(Given records):
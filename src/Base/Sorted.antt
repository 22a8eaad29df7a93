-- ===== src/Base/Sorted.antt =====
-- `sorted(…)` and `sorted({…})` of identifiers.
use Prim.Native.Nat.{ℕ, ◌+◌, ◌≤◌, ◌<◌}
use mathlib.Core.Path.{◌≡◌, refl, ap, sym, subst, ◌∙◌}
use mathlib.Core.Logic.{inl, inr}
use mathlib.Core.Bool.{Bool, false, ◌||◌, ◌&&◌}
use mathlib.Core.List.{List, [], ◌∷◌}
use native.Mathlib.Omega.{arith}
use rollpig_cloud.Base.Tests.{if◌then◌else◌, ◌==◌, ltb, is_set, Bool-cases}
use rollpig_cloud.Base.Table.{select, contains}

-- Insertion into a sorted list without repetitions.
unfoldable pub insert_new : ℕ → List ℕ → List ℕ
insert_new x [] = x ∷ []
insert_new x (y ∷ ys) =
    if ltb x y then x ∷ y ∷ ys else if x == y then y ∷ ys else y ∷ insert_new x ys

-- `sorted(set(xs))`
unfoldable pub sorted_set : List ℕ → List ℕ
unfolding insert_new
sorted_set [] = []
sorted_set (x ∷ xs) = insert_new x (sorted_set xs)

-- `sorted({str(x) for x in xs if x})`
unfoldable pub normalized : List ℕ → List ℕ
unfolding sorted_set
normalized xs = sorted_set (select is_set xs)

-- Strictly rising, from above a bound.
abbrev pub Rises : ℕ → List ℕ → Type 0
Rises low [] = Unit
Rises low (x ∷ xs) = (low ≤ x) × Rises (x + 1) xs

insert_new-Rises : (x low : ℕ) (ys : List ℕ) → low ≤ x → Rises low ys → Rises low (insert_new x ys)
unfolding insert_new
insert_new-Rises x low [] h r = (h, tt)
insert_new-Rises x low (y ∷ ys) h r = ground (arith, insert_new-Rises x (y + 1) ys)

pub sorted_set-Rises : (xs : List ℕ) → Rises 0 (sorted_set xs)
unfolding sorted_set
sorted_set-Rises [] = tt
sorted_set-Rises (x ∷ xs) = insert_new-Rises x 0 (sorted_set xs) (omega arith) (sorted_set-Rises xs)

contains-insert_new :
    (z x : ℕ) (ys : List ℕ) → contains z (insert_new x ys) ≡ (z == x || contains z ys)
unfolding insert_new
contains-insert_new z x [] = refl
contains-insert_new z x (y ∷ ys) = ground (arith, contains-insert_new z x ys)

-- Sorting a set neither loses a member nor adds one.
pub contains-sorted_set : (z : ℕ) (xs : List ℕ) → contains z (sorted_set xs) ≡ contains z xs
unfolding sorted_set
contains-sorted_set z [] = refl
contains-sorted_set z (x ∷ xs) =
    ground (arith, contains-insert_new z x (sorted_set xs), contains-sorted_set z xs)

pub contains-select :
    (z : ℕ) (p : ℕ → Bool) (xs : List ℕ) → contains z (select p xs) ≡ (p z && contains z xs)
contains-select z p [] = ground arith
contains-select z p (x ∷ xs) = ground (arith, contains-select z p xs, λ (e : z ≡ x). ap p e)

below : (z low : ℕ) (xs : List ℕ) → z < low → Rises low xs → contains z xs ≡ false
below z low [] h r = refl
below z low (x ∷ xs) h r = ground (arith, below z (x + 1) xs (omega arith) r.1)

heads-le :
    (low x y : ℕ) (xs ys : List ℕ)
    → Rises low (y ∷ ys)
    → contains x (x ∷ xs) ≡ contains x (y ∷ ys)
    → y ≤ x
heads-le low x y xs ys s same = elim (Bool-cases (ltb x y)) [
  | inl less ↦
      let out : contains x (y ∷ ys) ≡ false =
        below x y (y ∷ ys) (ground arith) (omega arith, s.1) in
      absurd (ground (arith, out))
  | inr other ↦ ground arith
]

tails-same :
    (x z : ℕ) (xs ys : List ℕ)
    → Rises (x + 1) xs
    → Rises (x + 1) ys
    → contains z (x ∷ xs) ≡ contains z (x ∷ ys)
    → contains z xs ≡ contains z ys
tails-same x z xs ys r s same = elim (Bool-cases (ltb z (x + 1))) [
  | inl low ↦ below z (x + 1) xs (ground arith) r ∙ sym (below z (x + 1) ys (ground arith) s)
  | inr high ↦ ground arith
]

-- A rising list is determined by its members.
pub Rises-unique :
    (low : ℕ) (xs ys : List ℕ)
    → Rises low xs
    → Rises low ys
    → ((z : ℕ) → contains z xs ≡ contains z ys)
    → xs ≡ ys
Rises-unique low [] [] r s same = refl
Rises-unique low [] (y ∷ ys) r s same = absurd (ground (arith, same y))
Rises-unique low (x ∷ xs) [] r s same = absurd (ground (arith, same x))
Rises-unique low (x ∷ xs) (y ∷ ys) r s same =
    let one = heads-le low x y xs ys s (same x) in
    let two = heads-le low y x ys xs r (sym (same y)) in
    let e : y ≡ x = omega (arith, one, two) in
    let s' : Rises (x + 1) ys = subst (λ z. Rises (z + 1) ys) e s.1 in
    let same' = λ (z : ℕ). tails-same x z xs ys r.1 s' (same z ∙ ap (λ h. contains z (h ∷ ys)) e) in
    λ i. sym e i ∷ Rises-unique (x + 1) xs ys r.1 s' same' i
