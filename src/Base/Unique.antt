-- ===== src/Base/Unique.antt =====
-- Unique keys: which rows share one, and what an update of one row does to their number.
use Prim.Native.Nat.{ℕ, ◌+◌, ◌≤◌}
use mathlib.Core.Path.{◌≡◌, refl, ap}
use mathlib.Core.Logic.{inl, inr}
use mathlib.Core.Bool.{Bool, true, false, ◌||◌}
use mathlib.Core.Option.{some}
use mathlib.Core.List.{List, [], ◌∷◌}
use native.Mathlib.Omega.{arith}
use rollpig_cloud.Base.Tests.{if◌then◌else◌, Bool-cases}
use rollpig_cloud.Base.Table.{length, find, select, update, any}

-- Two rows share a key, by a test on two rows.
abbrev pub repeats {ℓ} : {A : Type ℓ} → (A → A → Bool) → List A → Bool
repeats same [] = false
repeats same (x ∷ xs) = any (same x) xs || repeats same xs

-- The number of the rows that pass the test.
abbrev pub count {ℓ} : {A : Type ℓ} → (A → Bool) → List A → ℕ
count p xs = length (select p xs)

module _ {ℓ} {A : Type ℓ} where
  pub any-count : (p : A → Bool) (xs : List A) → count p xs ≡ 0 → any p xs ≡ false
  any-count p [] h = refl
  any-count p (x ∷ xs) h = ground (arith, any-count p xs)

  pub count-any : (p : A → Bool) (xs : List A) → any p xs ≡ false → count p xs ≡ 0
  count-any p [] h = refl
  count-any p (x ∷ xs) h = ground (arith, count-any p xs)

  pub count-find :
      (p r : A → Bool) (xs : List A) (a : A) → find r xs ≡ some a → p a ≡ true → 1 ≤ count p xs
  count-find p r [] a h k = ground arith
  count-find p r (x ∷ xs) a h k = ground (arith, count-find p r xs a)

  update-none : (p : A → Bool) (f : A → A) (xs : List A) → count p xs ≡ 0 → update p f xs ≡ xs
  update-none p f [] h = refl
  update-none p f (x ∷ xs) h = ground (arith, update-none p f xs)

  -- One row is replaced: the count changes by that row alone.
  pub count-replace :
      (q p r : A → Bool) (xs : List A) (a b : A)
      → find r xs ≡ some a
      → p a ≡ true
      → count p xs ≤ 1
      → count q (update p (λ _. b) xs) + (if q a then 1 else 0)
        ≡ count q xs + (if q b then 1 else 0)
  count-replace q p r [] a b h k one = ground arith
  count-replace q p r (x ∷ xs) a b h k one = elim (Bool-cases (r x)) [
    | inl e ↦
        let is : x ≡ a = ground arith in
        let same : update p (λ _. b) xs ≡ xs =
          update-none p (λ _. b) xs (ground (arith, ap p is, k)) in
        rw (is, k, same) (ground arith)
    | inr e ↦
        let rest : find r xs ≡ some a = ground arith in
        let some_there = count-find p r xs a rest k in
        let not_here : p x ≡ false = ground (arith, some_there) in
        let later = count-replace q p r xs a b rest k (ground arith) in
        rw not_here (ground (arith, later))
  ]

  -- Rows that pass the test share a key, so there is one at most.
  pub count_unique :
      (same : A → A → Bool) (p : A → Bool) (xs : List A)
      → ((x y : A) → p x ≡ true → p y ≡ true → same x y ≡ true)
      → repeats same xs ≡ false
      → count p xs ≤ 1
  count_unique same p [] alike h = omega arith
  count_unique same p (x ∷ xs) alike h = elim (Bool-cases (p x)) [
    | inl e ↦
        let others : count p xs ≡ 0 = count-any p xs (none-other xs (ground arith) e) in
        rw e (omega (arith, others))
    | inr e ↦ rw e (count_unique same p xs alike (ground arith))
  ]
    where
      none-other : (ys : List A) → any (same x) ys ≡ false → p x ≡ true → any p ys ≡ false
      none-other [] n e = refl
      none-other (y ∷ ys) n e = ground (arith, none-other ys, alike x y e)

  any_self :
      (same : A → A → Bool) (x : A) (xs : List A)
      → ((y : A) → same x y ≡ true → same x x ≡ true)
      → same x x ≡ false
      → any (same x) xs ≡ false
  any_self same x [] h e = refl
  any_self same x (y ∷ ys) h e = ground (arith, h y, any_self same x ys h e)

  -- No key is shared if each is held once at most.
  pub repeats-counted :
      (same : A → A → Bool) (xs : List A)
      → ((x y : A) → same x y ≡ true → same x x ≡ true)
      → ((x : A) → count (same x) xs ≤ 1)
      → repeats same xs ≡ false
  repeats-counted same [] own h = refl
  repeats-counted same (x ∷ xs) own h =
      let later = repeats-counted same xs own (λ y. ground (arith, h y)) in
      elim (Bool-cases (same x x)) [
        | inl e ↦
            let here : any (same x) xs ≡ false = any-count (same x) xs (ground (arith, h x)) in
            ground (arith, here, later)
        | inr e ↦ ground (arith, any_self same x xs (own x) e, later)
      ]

(Assignment): Where in the records above does the word "Table" appear? Copy each line that holds it.

(Solved problem):
use rollpig_cloud.Base.Table.{select, contains}
use rollpig_cloud.Base.Table.{length, find, select, update, any}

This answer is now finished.